╭─ Exercise material

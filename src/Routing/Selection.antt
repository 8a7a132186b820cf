-- ===== src/Routing/Selection.antt =====
-- When `resolveProvidersForOperation` selects a model, and what it gives for a provider that is asked
-- for.
use mathlib.Core.List.{Memᴰ}
use omnillm.Prelude.{
  ◌≡◌, refl, sym, ap, subst, ◌∙◌, Bool, true, false, ◌||◌, some, List, [], ◌∷◌, ◌++◌, Text, arith,
  text_eq, text_eq_iff, lookup, All, keep, Bool-cases, inl, inr, if_cases, member,
}
use omnillm.Dispatch.Defs.{ResolveError, Result, ok}
use omnillm.Routing.Candidates.{
  IsUnique, served, any_named, get_enabled-served, keep-IsUnique, nothing-All,
}
use omnillm.Routing.Providers.{
  Model, ModelProvider, ResolvedModelRoute, Sources, get_enabled_models_by_provider, models_at,
  collect_models, is_named, find_model, bool_eq, of_kind, select_route, route_to, resolve_kind,
  resolve_of_kind, resolve_providers_for_operation,
}

any_named-append :
    (requested normalized : Text) (xs ys : List Model)
    → any_named requested normalized (xs ++ ys)
      ≡ (any_named requested normalized xs || any_named requested normalized ys)
unfolding any_named
any_named-append requested normalized [] ys = refl
any_named-append requested normalized (m ∷ xs) ys =
    ground (arith, any_named-append requested normalized xs ys)

collect_models-any_named :
    (requested normalized id : Text) (order : List Text) (m : List (Text × List Model))
    → member id order ≡ true
    → any_named requested normalized (models_at (lookup id m)) ≡ true
    → any_named requested normalized (collect_models order m) ≡ true
unfolding collect_models member
collect_models-any_named requested normalized id [] m h k = cc
collect_models-any_named requested normalized id (j ∷ order) m h k =
    any_named-append requested normalized (models_at (lookup j m)) (collect_models order m)
    ∙ (elim (Bool-cases (text_eq j id)) [
      | inl e ↦
          rw
            (subst (λ i. any_named requested normalized (models_at (lookup i m)) ≡ true)
              (sym ((text_eq_iff j id).0 e)) k)
            refl
      | inr e ↦ ground (arith, collect_models-any_named requested normalized id order m)
    ])

find_model-named :
    (requested normalized : Text) (ms : List Model)
    → any_named requested normalized ms ≡ true
    → (model : Model) × (find_model requested normalized ms ≡ some model)
      × (is_named requested normalized model ≡ true)
unfolding find_model any_named
find_model-named requested normalized [] h = cc
find_model-named requested normalized (m ∷ ms) h =
    elim (Bool-cases (is_named requested normalized m)) [
      | inl e ↦ (m, rw e refl, e)
      | inr e ↦
          (let (model, f, n) = find_model-named requested normalized ms (ground arith) in
            (model, rw e f, n))
    ]

of_kind-All :
    (evaluation : Bool) (ps : List ModelProvider)
    → All (λ p. text_eq p.instance_id [] ≡ false) ps
    → of_kind evaluation [] ps ≡ some (keep (λ p. bool_eq p.native evaluation) ps)
unfolding of_kind
of_kind-All evaluation [] h = refl
of_kind-All evaluation (p ∷ ps) (ne, h) = elim (Bool-cases (bool_eq p.native evaluation)) [
  | inl e ↦ rw (e, of_kind-All evaluation ps h) refl
  | inr e ↦ rw (e, ne, of_kind-All evaluation ps h) refl
]

All-Memᴰ :
    (P : ModelProvider → Type 0) (p : ModelProvider) (ps : List ModelProvider)
    → All P ps
    → Memᴰ p ps
    → P p
All-Memᴰ P p [] h m = elim m [ ]
All-Memᴰ P p (q ∷ ps) (x, h) (Memᴰ.head e) = subst P (sym e) x
All-Memᴰ P p (q ∷ ps) (x, h) (Memᴰ.tail m) = All-Memᴰ P p ps h m

true-false : true ≡ false → ⊥
true-false h = cc

Memᴰ-keep :
    (f : ModelProvider → Bool) (p : ModelProvider) (ps : List ModelProvider)
    → f p ≡ true
    → Memᴰ p ps
    → Memᴰ p (keep f ps)
Memᴰ-keep f p [] t m = elim m [ ]
Memᴰ-keep f p (q ∷ ps) t (Memᴰ.head e) =
    if_cases (Memᴰ p) (f q) (q ∷ keep f ps) (keep f ps) (λ _. Memᴰ.head e)
      (λ n. absurd (true-false (sym t ∙ ap f e ∙ n)))
Memᴰ-keep f p (q ∷ ps) t (Memᴰ.tail m) =
    if_cases (Memᴰ p) (f q) (q ∷ keep f ps) (keep f ps) (λ _. Memᴰ.tail (Memᴰ-keep f p ps t m))
      (λ _. Memᴰ-keep f p ps t m)

-- A route with a model of the name that is asked for.
abbrev pub Selects : Text → Text → Result ResolveError ResolvedModelRoute → Type 0
Selects requested normalized result =
    (r : ResolvedModelRoute) × (model : Model) × (result ≡ ok r)
    × (r.selected_model ≡ some model)
    × (is_named requested normalized model ≡ true)

route_to-Selects :
    (src : Sources) (requested normalized : Text) (ps : List ModelProvider)
    (m : List (Text × List Model))
    → any_named requested normalized (collect_models src.order m) ≡ true
    → Selects requested normalized (ok (select_route src requested normalized ps m))
unfolding select_route route_to
route_to-Selects src requested normalized ps m h =
    let (model, f, n) = find_model-named requested normalized (collect_models src.order m) h in
    (select_route src requested normalized ps m, model, refl, rw f refl, n)

resolve_kind-Selects :
    (src : Sources) (requested normalized : Text) (p : ModelProvider) (ps : List ModelProvider)
    → IsUnique ps
    → member p.instance_id src.order ≡ true
    → Memᴰ p ps
    → any_named requested normalized (served src p) ≡ true
    → Selects requested normalized (resolve_kind src requested normalized [] ps)
unfolding resolve_kind text_eq
resolve_kind-Selects src requested normalized p [] u o m h = elim m [ ]
resolve_kind-Selects src requested normalized p (q ∷ ps) u o m h =
    let models = get_enabled_models_by_provider src.catalog src.disabled (q ∷ ps) [] in
    route_to-Selects src requested normalized (q ∷ ps) models (
      collect_models-any_named requested normalized p.instance_id src.order models o (
        ap (any_named requested normalized) (
          All-Memᴰ (λ p. models_at (lookup p.instance_id models) ≡ served src p) p (q ∷ ps)
            (get_enabled-served src (q ∷ ps) [] u (nothing-All (q ∷ ps))) m)
        ∙ h))

-- When no provider is asked for and an active provider of the kind of the operation serves a model of
-- the name that is not disabled, a model of that name is selected, whatever the order in which the
-- catalogs are read; the active providers have different instance IDs that are not empty, and the
-- order goes over that of the provider.
pub resolve_providers-Selects :
    (src : Sources) (requested normalized : Text) (evaluation : Bool) (p : ModelProvider)
    → IsUnique src.active
    → All (λ q. text_eq q.instance_id [] ≡ false) src.active
    → member p.instance_id src.order ≡ true
    → Memᴰ p src.active
    → bool_eq p.native evaluation ≡ true
    → any_named requested normalized (served src p) ≡ true
    → Selects requested normalized
        (resolve_providers_for_operation src requested normalized [] evaluation)
unfolding resolve_providers_for_operation resolve_of_kind
resolve_providers-Selects src requested normalized evaluation p u ne o m k h =
    rw (of_kind-All evaluation src.active ne) (
      resolve_kind-Selects src requested normalized p
        (keep (λ q. bool_eq q.native evaluation) src.active) (keep-IsUnique _ src.active u) o
        (Memᴰ-keep _ p src.active k m) h)
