-- ===== src/Routing/Serving.antt =====
-- Which providers may serve a model, written out, and the tests that modelrouting.go makes for it.
use omnillm.Prelude.{
  ap, ◌∙◌, lookup, is_nil, ◌≡◌, refl, Bool, true, false, not, ◌&&◌, ◌||◌, Option, none, some, List,
  [], ◌∷◌, Perm, Text, arith, codes, text_eq, member, keep, keep-cong, All, subst,
}
use omnillm.Dispatch.Defs.{ok}
use omnillm.Routing.Providers.{
  Capability, strings, values, other_capability, text_items, modes_of, Model, ModelProvider,
  ResolvedModelRoute, Sources, model_api_modes, enabled_models, is_named, lacks_mode, bool_eq,
  resolve_providers_for_operation,
}
use omnillm.ToolArguments.Schemas.{
  null, boolean, number, string, array, object, Items, no_items, item,
}
use omnillm.Routing.Order.{IsSorted, IsOrdered-IsSorted}
use omnillm.Routing.Candidates.{
  IsUnique, served, any_named, can_serve, HasCandidates, resolved-HasCandidates,
}

-- Some model of the catalog is not disabled and has one of the two names as its ID.
abbrev pub offers : (Text → Bool) → Text → Text → List Model → Bool
offers disabled requested normalized [] = false
offers disabled requested normalized (m ∷ ms) =
    (not (disabled m.id) && (text_eq m.id requested || text_eq m.id normalized))
    || offers disabled requested normalized ms

-- The catalog of the provider can be had and offers the model.
abbrev pub offered : Sources → Text → Text → ModelProvider → Bool
offered src requested normalized p = elim (src.catalog p) [
  | none ↦ false
  | some models ↦ offers (src.disabled p.instance_id) requested normalized models
]

-- Only Alibaba needs a mode: if the model has any, that of the OpenAI protocol.
abbrev pub has_mode : List Text → ModelProvider → Bool
has_mode modes p =
    not (text_eq p.id (codes "alibaba"))
    || (is_nil modes || member (codes "openai-compatible") modes)

-- An evaluation is for native evaluators, everything else for the other providers.
abbrev pub is_for : Bool → ModelProvider → Bool
is_for true p = p.native
is_for false p = not p.native

abbrev pub serves : Sources → Text → Text → Bool → List Text → ModelProvider → Bool
serves src requested normalized evaluation modes p =
    is_for evaluation p && (offered src requested normalized p && has_mode modes p)

-- The strings of a list of values that are not empty.
abbrev pub texts_of : Items → List Text
texts_of no_items = []
texts_of (item (string []) items) = texts_of items
texts_of (item (string (c ∷ s)) items) = (c ∷ s) ∷ texts_of items
texts_of (item null items) = texts_of items
texts_of (item (boolean b) items) = texts_of items
texts_of (item (number n) items) = texts_of items
texts_of (item (array a) items) = texts_of items
texts_of (item (object o) items) = texts_of items

abbrev pub modes_in : Option Capability → List Text
modes_in none = []
modes_in (some (strings texts)) = texts
modes_in (some (values items)) = texts_of items
modes_in (some other_capability) = []

-- The modes that the capabilities of a model name under "api_modes".
abbrev pub required_modes : Option (List (Text × Capability)) → List Text
required_modes none = []
required_modes (some capabilities) = modes_in (lookup (codes "api_modes") capabilities)

text_items-texts_of : (items : Items) → text_items items ≡ texts_of items
unfolding text_items text_eq
text_items-texts_of no_items = refl
text_items-texts_of (item (string []) items) = text_items-texts_of items
text_items-texts_of (item (string (c ∷ s)) items) = ap (◌∷◌ (c ∷ s)) (text_items-texts_of items)
text_items-texts_of (item null items) = text_items-texts_of items
text_items-texts_of (item (boolean b) items) = text_items-texts_of items
text_items-texts_of (item (number n) items) = text_items-texts_of items
text_items-texts_of (item (array a) items) = text_items-texts_of items
text_items-texts_of (item (object o) items) = text_items-texts_of items

modes_of-modes_in : (o : Option Capability) → modes_of o ≡ modes_in o
modes_of-modes_in none = refl
modes_of-modes_in (some (strings texts)) = refl
modes_of-modes_in (some (values items)) = text_items-texts_of items
modes_of-modes_in (some other_capability) = refl

model_api_modes-required : (m : Model) → model_api_modes m ≡ required_modes m.capabilities
unfolding model_api_modes
model_api_modes-required m = by_capabilities m.capabilities
  where
    by_capabilities :
        (o : Option (List (Text × Capability)))
        → (elim o [
          | none ↦ []
          | some capabilities ↦ modes_of (lookup (codes "api_modes") capabilities)
        ])
          ≡ required_modes o
    by_capabilities none = refl
    by_capabilities (some capabilities) =
        modes_of-modes_in (lookup (codes "api_modes") capabilities)

offers-any_named :
    (disabled : Text → Bool) (requested normalized : Text) (ms : List Model)
    → any_named requested normalized (enabled_models disabled ms)
      ≡ offers disabled requested normalized ms
unfolding any_named enabled_models is_named
offers-any_named disabled requested normalized [] = refl
offers-any_named disabled requested normalized (m ∷ ms) =
    ground (arith, offers-any_named disabled requested normalized ms)

offered-any_named :
    (src : Sources) (requested normalized : Text) (p : ModelProvider)
    → any_named requested normalized (served src p) ≡ offered src requested normalized p
unfolding served any_named
offered-any_named src requested normalized p = by_catalog (src.catalog p)
  where
    by_catalog :
        (o : Option (List Model))
        → any_named requested normalized
            (elim o [ none ↦ [] | some ms ↦ enabled_models (src.disabled p.instance_id) ms ])
          ≡ (elim o [
            | none ↦ false
            | some ms ↦ offers (src.disabled p.instance_id) requested normalized ms
          ])
    by_catalog none = refl
    by_catalog (some ms) = offers-any_named (src.disabled p.instance_id) requested normalized ms

has_mode-lacks_mode :
    (modes : List Text) (p : ModelProvider) → not (lacks_mode p modes) ≡ has_mode modes p
unfolding lacks_mode
has_mode-lacks_mode modes p = ground arith

is_for-bool_eq :
    (evaluation : Bool) (p : ModelProvider) → bool_eq p.native evaluation ≡ is_for evaluation p
unfolding bool_eq
is_for-bool_eq true p = ground arith
is_for-bool_eq false p = ground arith

pub serves-can_serve :
    (src : Sources) (requested normalized : Text) (evaluation : Bool) (modes : List Text)
    (p : ModelProvider)
    → can_serve src requested normalized evaluation modes p
      ≡ serves src requested normalized evaluation modes p
serves-can_serve src requested normalized evaluation modes p =
    rw
      (
        is_for-bool_eq evaluation p,
        offered-any_named src requested normalized p,
        has_mode-lacks_mode modes p,
      )
      refl

-- The candidates of a route are those that serve the model, in order.
abbrev pub HasServing : Sources → Text → Text → Bool → Model → ResolvedModelRoute → Type 0
HasServing src requested normalized evaluation model r =
    Perm r.candidate_providers (
      keep (serves src requested normalized evaluation (required_modes model.capabilities))
        src.active)
    × IsSorted src.rows r.candidate_providers

every :
    (P : ModelProvider → Type 0)
    → ((p : ModelProvider) → P p)
    → (ps : List ModelProvider) → All P ps
every P f [] = tt
every P f (p ∷ ps) = (f p, every P f ps)

HasCandidates-serving :
    (src : Sources) (requested normalized : Text) (evaluation : Bool) (model : Model)
    (r : ResolvedModelRoute)
    → HasCandidates src requested normalized evaluation model r
    → HasServing src requested normalized evaluation model r
HasCandidates-serving src requested normalized evaluation model r (perm, ordered) = (
  subst (λ l. Perm r.candidate_providers l)
      (keep-cong _ _ src.active (
          every _ (serves-can_serve src requested normalized evaluation (model_api_modes model))
            src.active)
        ∙ ap (λ modes. keep (serves src requested normalized evaluation modes) src.active)
            (model_api_modes-required model))
      perm,
  IsOrdered-IsSorted src.rows r.candidate_providers ordered,
)

-- With active providers of different instance IDs, when no provider is asked for and a model is
-- selected, the candidates are exactly the active providers that are of the kind of the operation,
-- whose catalog has a model that is not disabled under the requested or the normalized name, and
-- which, for Alibaba, have the OpenAI mode if the model names any modes, each once. They stand by the number of
-- the priority in their last row, 0 without a row, the smaller first, and at equal priority by
-- instance ID.
pub resolve_providers-HasCandidates :
    (src : Sources) (requested normalized : Text) (evaluation : Bool) (r : ResolvedModelRoute)
    (model : Model)
    → IsUnique src.active
    → resolve_providers_for_operation src requested normalized [] evaluation ≡ ok r
    → r.selected_model ≡ some model
    → HasServing src requested normalized evaluation model r
resolve_providers-HasCandidates src requested normalized evaluation r model u h k =
    HasCandidates-serving src requested normalized evaluation model r
      (resolved-HasCandidates src requested normalized evaluation r model u h k)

╰─

Look above for the line with "ModelProvider) → P p)"; retype exactly that line, every line after it up to the line with "r (perm, ordered)", and that line too, nothing else.

_Output for this exercise_
    → ((p : ModelProvider) → P p)
    → (ps : List ModelProvider) → All P ps
every P f [] = tt
every P f (p ∷ ps) = (f p, every P f ps)

HasCandidates-serving :
    (src : Sources) (requested normalized : Text) (evaluation : Bool) (model : Model)
    (r : ResolvedModelRoute)
    → HasCandidates src requested normalized evaluation model r
    → HasServing src requested normalized evaluation model r
HasCandidates-serving src requested normalized evaluation model r (perm, ordered) = (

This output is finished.